**Exercise requirements**
Your answer should be the entire listing, printed exactly.

= Beginning of Section =

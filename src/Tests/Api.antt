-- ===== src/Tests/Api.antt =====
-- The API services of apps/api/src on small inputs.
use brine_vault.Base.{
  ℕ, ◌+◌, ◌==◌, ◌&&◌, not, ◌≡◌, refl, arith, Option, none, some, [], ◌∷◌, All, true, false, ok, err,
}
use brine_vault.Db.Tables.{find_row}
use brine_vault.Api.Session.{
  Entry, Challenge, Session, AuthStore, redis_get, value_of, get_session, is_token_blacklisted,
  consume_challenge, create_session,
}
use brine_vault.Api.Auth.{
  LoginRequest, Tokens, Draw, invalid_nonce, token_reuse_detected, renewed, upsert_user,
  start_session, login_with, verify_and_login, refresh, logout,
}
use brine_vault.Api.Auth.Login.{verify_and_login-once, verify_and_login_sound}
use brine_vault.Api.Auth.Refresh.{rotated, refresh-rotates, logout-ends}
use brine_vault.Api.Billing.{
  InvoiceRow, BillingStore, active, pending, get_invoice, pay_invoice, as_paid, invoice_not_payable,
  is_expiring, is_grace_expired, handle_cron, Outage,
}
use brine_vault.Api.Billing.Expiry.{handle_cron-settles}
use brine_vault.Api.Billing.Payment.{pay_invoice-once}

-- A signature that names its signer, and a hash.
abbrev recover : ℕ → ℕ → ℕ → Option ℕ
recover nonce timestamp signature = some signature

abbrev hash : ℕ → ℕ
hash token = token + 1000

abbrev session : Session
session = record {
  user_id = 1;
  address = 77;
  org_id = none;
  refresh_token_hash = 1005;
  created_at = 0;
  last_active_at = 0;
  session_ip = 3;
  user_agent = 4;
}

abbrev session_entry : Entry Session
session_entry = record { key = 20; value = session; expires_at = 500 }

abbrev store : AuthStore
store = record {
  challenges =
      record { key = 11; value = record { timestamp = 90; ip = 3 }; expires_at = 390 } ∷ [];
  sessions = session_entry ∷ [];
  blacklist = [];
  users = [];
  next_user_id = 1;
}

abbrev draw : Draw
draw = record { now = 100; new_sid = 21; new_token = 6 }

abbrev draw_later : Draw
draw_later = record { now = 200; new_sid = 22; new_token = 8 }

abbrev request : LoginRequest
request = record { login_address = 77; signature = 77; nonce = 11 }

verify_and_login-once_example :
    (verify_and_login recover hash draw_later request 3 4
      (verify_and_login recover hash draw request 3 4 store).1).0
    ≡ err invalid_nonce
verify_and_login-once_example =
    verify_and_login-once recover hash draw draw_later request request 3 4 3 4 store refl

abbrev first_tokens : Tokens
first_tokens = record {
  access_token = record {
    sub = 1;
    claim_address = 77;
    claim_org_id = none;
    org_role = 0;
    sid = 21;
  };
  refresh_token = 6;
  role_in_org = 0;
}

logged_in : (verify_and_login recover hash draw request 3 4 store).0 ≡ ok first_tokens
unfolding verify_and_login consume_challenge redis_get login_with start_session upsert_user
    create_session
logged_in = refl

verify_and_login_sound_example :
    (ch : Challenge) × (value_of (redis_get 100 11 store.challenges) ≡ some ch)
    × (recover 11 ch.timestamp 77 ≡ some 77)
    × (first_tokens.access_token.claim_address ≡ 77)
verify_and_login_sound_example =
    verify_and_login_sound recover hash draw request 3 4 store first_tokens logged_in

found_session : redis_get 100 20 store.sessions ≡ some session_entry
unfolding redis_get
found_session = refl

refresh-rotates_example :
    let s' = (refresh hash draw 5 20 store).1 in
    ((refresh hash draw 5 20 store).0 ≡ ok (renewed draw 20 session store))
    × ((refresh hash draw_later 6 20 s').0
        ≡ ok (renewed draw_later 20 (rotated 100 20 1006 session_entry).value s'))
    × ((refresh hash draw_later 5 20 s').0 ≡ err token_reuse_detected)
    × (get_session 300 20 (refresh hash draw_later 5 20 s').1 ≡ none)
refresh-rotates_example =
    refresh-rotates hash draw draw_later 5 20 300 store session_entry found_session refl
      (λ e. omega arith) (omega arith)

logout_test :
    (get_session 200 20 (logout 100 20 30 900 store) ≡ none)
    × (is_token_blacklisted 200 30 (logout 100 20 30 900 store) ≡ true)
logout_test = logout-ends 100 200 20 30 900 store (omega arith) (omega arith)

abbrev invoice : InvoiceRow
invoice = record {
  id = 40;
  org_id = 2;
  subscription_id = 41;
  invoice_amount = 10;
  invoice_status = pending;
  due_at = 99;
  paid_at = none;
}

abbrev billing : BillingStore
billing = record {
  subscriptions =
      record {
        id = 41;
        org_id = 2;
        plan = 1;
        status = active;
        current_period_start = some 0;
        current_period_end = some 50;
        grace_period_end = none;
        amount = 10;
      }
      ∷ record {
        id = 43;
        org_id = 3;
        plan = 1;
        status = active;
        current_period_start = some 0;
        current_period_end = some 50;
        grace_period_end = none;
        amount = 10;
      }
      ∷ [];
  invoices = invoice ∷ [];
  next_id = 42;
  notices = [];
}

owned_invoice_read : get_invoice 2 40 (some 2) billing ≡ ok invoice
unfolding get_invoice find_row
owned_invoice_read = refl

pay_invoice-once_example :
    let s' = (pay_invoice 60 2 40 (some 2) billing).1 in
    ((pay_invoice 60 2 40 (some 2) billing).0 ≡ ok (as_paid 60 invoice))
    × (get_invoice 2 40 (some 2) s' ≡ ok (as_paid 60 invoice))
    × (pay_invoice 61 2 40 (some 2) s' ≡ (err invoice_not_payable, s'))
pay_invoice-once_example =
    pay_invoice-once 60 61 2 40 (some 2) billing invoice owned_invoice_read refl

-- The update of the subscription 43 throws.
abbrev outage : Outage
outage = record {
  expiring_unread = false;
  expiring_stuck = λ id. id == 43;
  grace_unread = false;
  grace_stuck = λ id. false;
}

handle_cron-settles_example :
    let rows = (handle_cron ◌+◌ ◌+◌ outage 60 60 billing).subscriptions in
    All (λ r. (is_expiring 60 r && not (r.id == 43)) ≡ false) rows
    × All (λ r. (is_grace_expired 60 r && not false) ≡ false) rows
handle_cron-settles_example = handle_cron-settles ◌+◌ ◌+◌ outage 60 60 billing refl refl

= End of Section =

**Response to this task**
filename src/Tests/Api.antt
-- ===== src/Tests/Api.antt =====
-- The API services of apps/api/src on small inputs.
use brine_vault.Base.{
  ℕ, ◌+◌, ◌==◌, ◌&&◌, not, ◌≡◌, refl, arith, Option, none, some, [], ◌∷◌, All, true, false, ok, err,
}
use brine_vault.Db.Tables.{find_row}
use brine_vault.Api.Session.{
  Entry, Challenge, Session, AuthStore, redis_get, value_of, get_session, is_token_blacklisted,
  consume_challenge, create_session,
}
use brine_vault.Api.Auth.{
  LoginRequest, Tokens, Draw, invalid_nonce, token_reuse_detected, renewed, upsert_user,
  start_session, login_with, verify_and_login, refresh, logout,
}
use brine_vault.Api.Auth.Login.{verify_and_login-once, verify_and_login_sound}
use brine_vault.Api.Auth.Refresh.{rotated, refresh-rotates, logout-ends}
use brine_vault.Api.Billing.{
  InvoiceRow, BillingStore, active, pending, get_invoice, pay_invoice, as_paid, invoice_not_payable,
  is_expiring, is_grace_expired, handle_cron, Outage,
}
use brine_vault.Api.Billing.Expiry.{handle_cron-settles}
use brine_vault.Api.Billing.Payment.{pay_invoice-once}

-- A signature that names its signer, and a hash.
abbrev recover : ℕ → ℕ → ℕ → Option ℕ
recover nonce timestamp signature = some signature

abbrev hash : ℕ → ℕ
hash token = token + 1000

abbrev session : Session
session = record {
  user_id = 1;
  address = 77;
  org_id = none;
  refresh_token_hash = 1005;
  created_at = 0;
  last_active_at = 0;
  session_ip = 3;
  user_agent = 4;
}

abbrev session_entry : Entry Session
session_entry = record { key = 20; value = session; expires_at = 500 }

abbrev store : AuthStore
store = record {
  challenges =
      record { key = 11; value = record { timestamp = 90; ip = 3 }; expires_at = 390 } ∷ [];
  sessions = session_entry ∷ [];
  blacklist = [];
  users = [];
  next_user_id = 1;
}

abbrev draw : Draw
draw = record { now = 100; new_sid = 21; new_token = 6 }

abbrev draw_later : Draw
draw_later = record { now = 200; new_sid = 22; new_token = 8 }

abbrev request : LoginRequest
request = record { login_address = 77; signature = 77; nonce = 11 }

verify_and_login-once_example :
    (verify_and_login recover hash draw_later request 3 4
      (verify_and_login recover hash draw request 3 4 store).1).0
    ≡ err invalid_nonce
verify_and_login-once_example =
    verify_and_login-once recover hash draw draw_later request request 3 4 3 4 store refl

abbrev first_tokens : Tokens
first_tokens = record {
  access_token = record {
    sub = 1;
    claim_address = 77;
    claim_org_id = none;
    org_role = 0;
    sid = 21;
  };
  refresh_token = 6;
  role_in_org = 0;
}

logged_in : (verify_and_login recover hash draw request 3 4 store).0 ≡ ok first_tokens
unfolding verify_and_login consume_challenge redis_get login_with start_session upsert_user
    create_session
logged_in = refl

verify_and_login_sound_example :
    (ch : Challenge) × (value_of (redis_get 100 11 store.challenges) ≡ some ch)
    × (recover 11 ch.timestamp 77 ≡ some 77)
    × (first_tokens.access_token.claim_address ≡ 77)
verify_and_login_sound_example =
    verify_and_login_sound recover hash draw request 3 4 store first_tokens logged_in

found_session : redis_get 100 20 store.sessions ≡ some session_entry
unfolding redis_get
found_session = refl

refresh-rotates_example :
    let s' = (refresh hash draw 5 20 store).1 in
    ((refresh hash draw 5 20 store).0 ≡ ok (renewed draw 20 session store))
    × ((refresh hash draw_later 6 20 s').0
        ≡ ok (renewed draw_later 20 (rotated 100 20 1006 session_entry).value s'))
    × ((refresh hash draw_later 5 20 s').0 ≡ err token_reuse_detected)
    × (get_session 300 20 (refresh hash draw_later 5 20 s').1 ≡ none)
refresh-rotates_example =
    refresh-rotates hash draw draw_later 5 20 300 store session_entry found_session refl
      (λ e. omega arith) (omega arith)

logout_test :
    (get_session 200 20 (logout 100 20 30 900 store) ≡ none)
    × (is_token_blacklisted 200 30 (logout 100 20 30 900 store) ≡ true)
logout_test = logout-ends 100 200 20 30 900 store (omega arith) (omega arith)

abbrev invoice : InvoiceRow
invoice = record {
  id = 40;
  org_id = 2;
  subscription_id = 41;
  invoice_amount = 10;
  invoice_status = pending;
  due_at = 99;
  paid_at = none;
}

abbrev billing : BillingStore
billing = record {
  subscriptions =
      record {
        id = 41;
        org_id = 2;
        plan = 1;
        status = active;
        current_period_start = some 0;
        current_period_end = some 50;
        grace_period_end = none;
        amount = 10;
      }
      ∷ record {
        id = 43;
        org_id = 3;
        plan = 1;
        status = active;
        current_period_start = some 0;
        current_period_end = some 50;
        grace_period_end = none;
        amount = 10;
      }
      ∷ [];
  invoices = invoice ∷ [];
  next_id = 42;
  notices = [];
}

owned_invoice_read : get_invoice 2 40 (some 2) billing ≡ ok invoice
unfolding get_invoice find_row
owned_invoice_read = refl

pay_invoice-once_example :
    let s' = (pay_invoice 60 2 40 (some 2) billing).1 in
    ((pay_invoice 60 2 40 (some 2) billing).0 ≡ ok (as_paid 60 invoice))
    × (get_invoice 2 40 (some 2) s' ≡ ok (as_paid 60 invoice))
    × (pay_invoice 61 2 40 (some 2) s' ≡ (err invoice_not_payable, s'))
pay_invoice-once_example =
    pay_invoice-once 60 61 2 40 (some 2) billing invoice owned_invoice_read refl

-- The update of the subscription 43 throws.
abbrev outage : Outage
outage = record {
  expiring_unread = false;
  expiring_stuck = λ id. id == 43;
  grace_unread = false;
  grace_stuck = λ id. false;
}

handle_cron-settles_example :
    let rows = (handle_cron ◌+◌ ◌+◌ outage 60 60 billing).subscriptions in
    All (λ r. (is_expiring 60 r && not (r.id == 43)) ≡ false) rows
    × All (λ r. (is_grace_expired 60 r && not false) ≡ false) rows
handle_cron-settles_example = handle_cron-settles ◌+◌ ◌+◌ outage 60 60 billing refl refl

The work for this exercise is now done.